[Exercise goal] Below are several entries. Transcribe exactly those lines that fall from the one with "(elim (ne-cases j" through the one with "kept-IsCopied j b", end lines included.

[Data for this exercise]
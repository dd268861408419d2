-- ===== src/Storage/SlottedPage/Moved.antt =====
-- `compact`: what its loop has done after some slots, and what it leaves.
use mo_db.Prelude.{
  ℕ, suc, ◌+◌, ◌≤◌, ◌<◌, ◌≡◌, ◌≢◌, ◌⊎◌, inl, inr, refl, sym, ap, ◌∙◌, arith, ◌==◌, ==_iff, ==_ne,
  Bool-cases, zero-cases, ne-cases, true, false,
}
use mathlib.Core.Path.{subst}
use mo_db.Storage.SlottedPage.{
  Page, subspan, slot_offset, record_offset, record_size, record_capacity, slot_generation,
  slot_count, free_start, free_end, live_capacity,
}
use mo_db.Storage.SlottedPage.Bytes.{IsOutside, IsBytePage, subspan-cong}
use mo_db.Storage.SlottedPage.Slots.{IsEntry, IsPage, entry-cong}
use mo_db.Storage.SlottedPage.Room.{live_capacity-le}

-- `slot` has the record of `source` somewhere from `end` on.
pub record IsCopied (source p : Page) (end slot : ℕ) : Type 0 where
  pub size : record_size p slot ≡ record_size source slot
  pub capacity : record_capacity p slot ≡ record_capacity source slot
  pub generation : slot_generation p slot ≡ slot_generation source slot
  pub free : record_size source slot ≡ 0 → record_offset p slot ≡ 0
  pub low : record_size source slot ≢ 0 → end ≤ record_offset p slot
  pub high : record_offset p slot + record_capacity source slot ≤ 8192
  pub content :
      subspan p (record_offset p slot) (record_capacity source slot)
      ≡ subspan source (record_offset source slot) (record_capacity source slot)

-- After the first `n` slots; `d` is the destination.
pub record IsMoved (source : Page) (n : ℕ) (p : Page) (d : ℕ) : Type 0 where
  pub destination : d + live_capacity n source ≡ 8192
  pub bytes : IsBytePage p
  pub header : (i : ℕ) → i < 28 → p i ≡ source i
  pub unread : (i : ℕ) → free_start source ≤ i → i < d → p i ≡ source i
  pub later :
      (j i : ℕ)
      → n ≤ j
      → j < slot_count source
      → slot_offset j ≤ i
      → i < slot_offset j + 8
      → p i ≡ source i
  pub copied : (j : ℕ) → j < n → IsCopied source p d j
  pub apart :
      (i j : ℕ)
      → i < j
      → j < n
      → record_size source i ≢ 0
      → record_size source j ≢ 0
      → record_offset p j + record_capacity source j ≤ record_offset p i

-- What a round changes: the area in front of the destination, and the entry of its slot.
pub record IsStep (source : Page) (n : ℕ) (p : Page) (d : ℕ) (p' : Page) (d' : ℕ) : Type 0 where
  pub moved : d' + record_capacity source n ≡ d
  pub bytes : IsBytePage p'
  pub same :
      (i : ℕ)
      → IsOutside i d' (record_capacity source n)
      → IsOutside i (slot_offset n) 8
      → p' i ≡ p i
  pub entry :
      IsEntry p' n d' (record_size source n) (record_capacity source n) (slot_generation source n)
  pub content :
      subspan p' d' (record_capacity source n)
      ≡ subspan source (record_offset source n) (record_capacity source n)

pub last_cases : (j n : ℕ) → j < suc n → (j ≡ n) ⊎ (j < n)
last_cases j n h = elim (Bool-cases (j == n)) [
  | inl e ↦ inl ((==_iff j n).0 e)
  | inr e ↦ elim (ne-cases j n (λ q. false-ne (sym e ∙ (==_iff j n).1 q))) [
    | inl a ↦ inr a
    | inr b ↦ absurd (omega arith)
  ]
]
  where
    false-ne : false ≢ true
    false-ne q = cc

module _ (source : Page) (w : IsPage source) (n : ℕ) (small : n < slot_count source) (p : Page)
    (d : ℕ) (h : IsMoved source n p d) (live : record_size source n ≢ 0) where
  pub room : free_end source + record_capacity source n ≤ d
  unfolding live_capacity
  room = omega (
    arith,
    h.destination,
    rw (==_ne (record_size source n) 0 live) at (live_capacity-le source (suc n) w (omega arith)),
  )

  module _ (p' : Page) (d' : ℕ) (s : IsStep source n p d p' d') where
    above : free_start source ≤ d'
    above = omega (arith, room, s.moved, w.low)

    -- The bytes of another entry, and of an area behind the destination, are kept.
    entry_kept :
        (j i : ℕ)
        → j ≢ n
        → j < slot_count source
        → slot_offset j ≤ i
        → i < slot_offset j + 8
        → p' i ≡ p i
    entry_kept j i e b lo hi =
        s.same i (inl (omega (arith, above, w.directory)))
          (elim (ne-cases j n e) [ inl c ↦ inl (omega arith) | inr c ↦ inr (omega arith) ])

    -- The records that were copied before stay.
    kept-IsCopied :
        (j : ℕ) → j < n → IsCopied source p' d' j × (record_offset p' j ≡ record_offset p j)
    kept-IsCopied j b =
        let c : IsCopied source p d j = h.copied j b in
        let e =
          entry-cong p' p j
            (λ i lo hi. entry_kept j i (λ q. omega (arith, q)) (omega arith) lo hi) in
        (
          record {
            size = e.size ∙ c.size;
            capacity = e.capacity ∙ c.capacity;
            generation = e.generation ∙ c.generation;
            free = λ z. e.offset ∙ c.free z;
            low = λ z. omega (arith, e.offset, c.low z, s.moved);
            high = omega (arith, e.offset, c.high);
            content = elim (zero-cases (record_size source j)) [
              | inl z ↦
                  let none_reserved : record_capacity source j ≡ 0 =
                    ((w.slot j (omega arith)).free z).1 in
                  rw none_reserved (unfold subspan in refl)
              | inr z ↦ rw e.offset (
                  subspan-cong p' p (record_offset p j) (record_capacity source j) (λ i lo hi.
                    s.same i (inr (omega (arith, s.moved, c.low z)))
                      (inr (omega (arith, c.low z, room, w.low, w.directory))))
                  ∙ c.content)
            ];
          },
          e.offset,
        )

    new-IsCopied : IsCopied source p' d' n
    new-IsCopied = record {
      size = s.entry.size;
      capacity = s.entry.capacity;
      generation = s.entry.generation;
      free = λ z. absurd (live z);
      low = λ z. omega (arith, s.entry.offset);
      high = omega (arith, s.entry.offset, s.moved, h.destination);
      content = rw s.entry.offset s.content;
    }

    pub step-IsMoved : IsMoved source (suc n) p' d'
    unfolding live_capacity
    step-IsMoved = record {
      destination =
          rw (==_ne (record_size source n) 0 live) (omega (arith, h.destination, s.moved));
      bytes = s.bytes;
      header = λ i b.
          s.same i (inl (omega (arith, above, w.directory))) (inl (omega arith)) ∙ h.header i b;
      unread = λ i lo hi.
          s.same i (inl hi) (inr (omega (arith, w.directory)))
          ∙ h.unread i lo (omega (arith, s.moved));
      later = λ j i b c lo hi.
          entry_kept j i (λ q. omega (arith, q)) c lo hi ∙ h.later j i (omega arith) c lo hi;
      copied = λ j b. elim (last_cases j n b) [
        | inl q ↦ subst (IsCopied source p' d') (sym q) new-IsCopied
        | inr c ↦ (kept-IsCopied j c).0
      ];
      apart = λ i j b c u v. elim (last_cases j n c) [
        | inl q ↦ omega (
          arith,
          ap (record_offset p') q,
          ap (record_capacity source) q,
          s.entry.offset,
          s.moved,
          (kept-IsCopied i (omega (arith, q))).1,
          (h.copied i (omega (arith, q))).low u,
        )
        | inr e ↦
            omega
              (arith, h.apart i j b e u v, (kept-IsCopied i (omega arith)).1, (kept-IsCopied j e).1)
      ];
    }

[Output of the exercise]
          (elim (ne-cases j n e) [ inl c ↦ inl (omega arith) | inr c ↦ inr (omega arith) ])

    -- The records that were copied before stay.
    kept-IsCopied :
        (j : ℕ) → j < n → IsCopied source p' d' j × (record_offset p' j ≡ record_offset p j)
    kept-IsCopied j b =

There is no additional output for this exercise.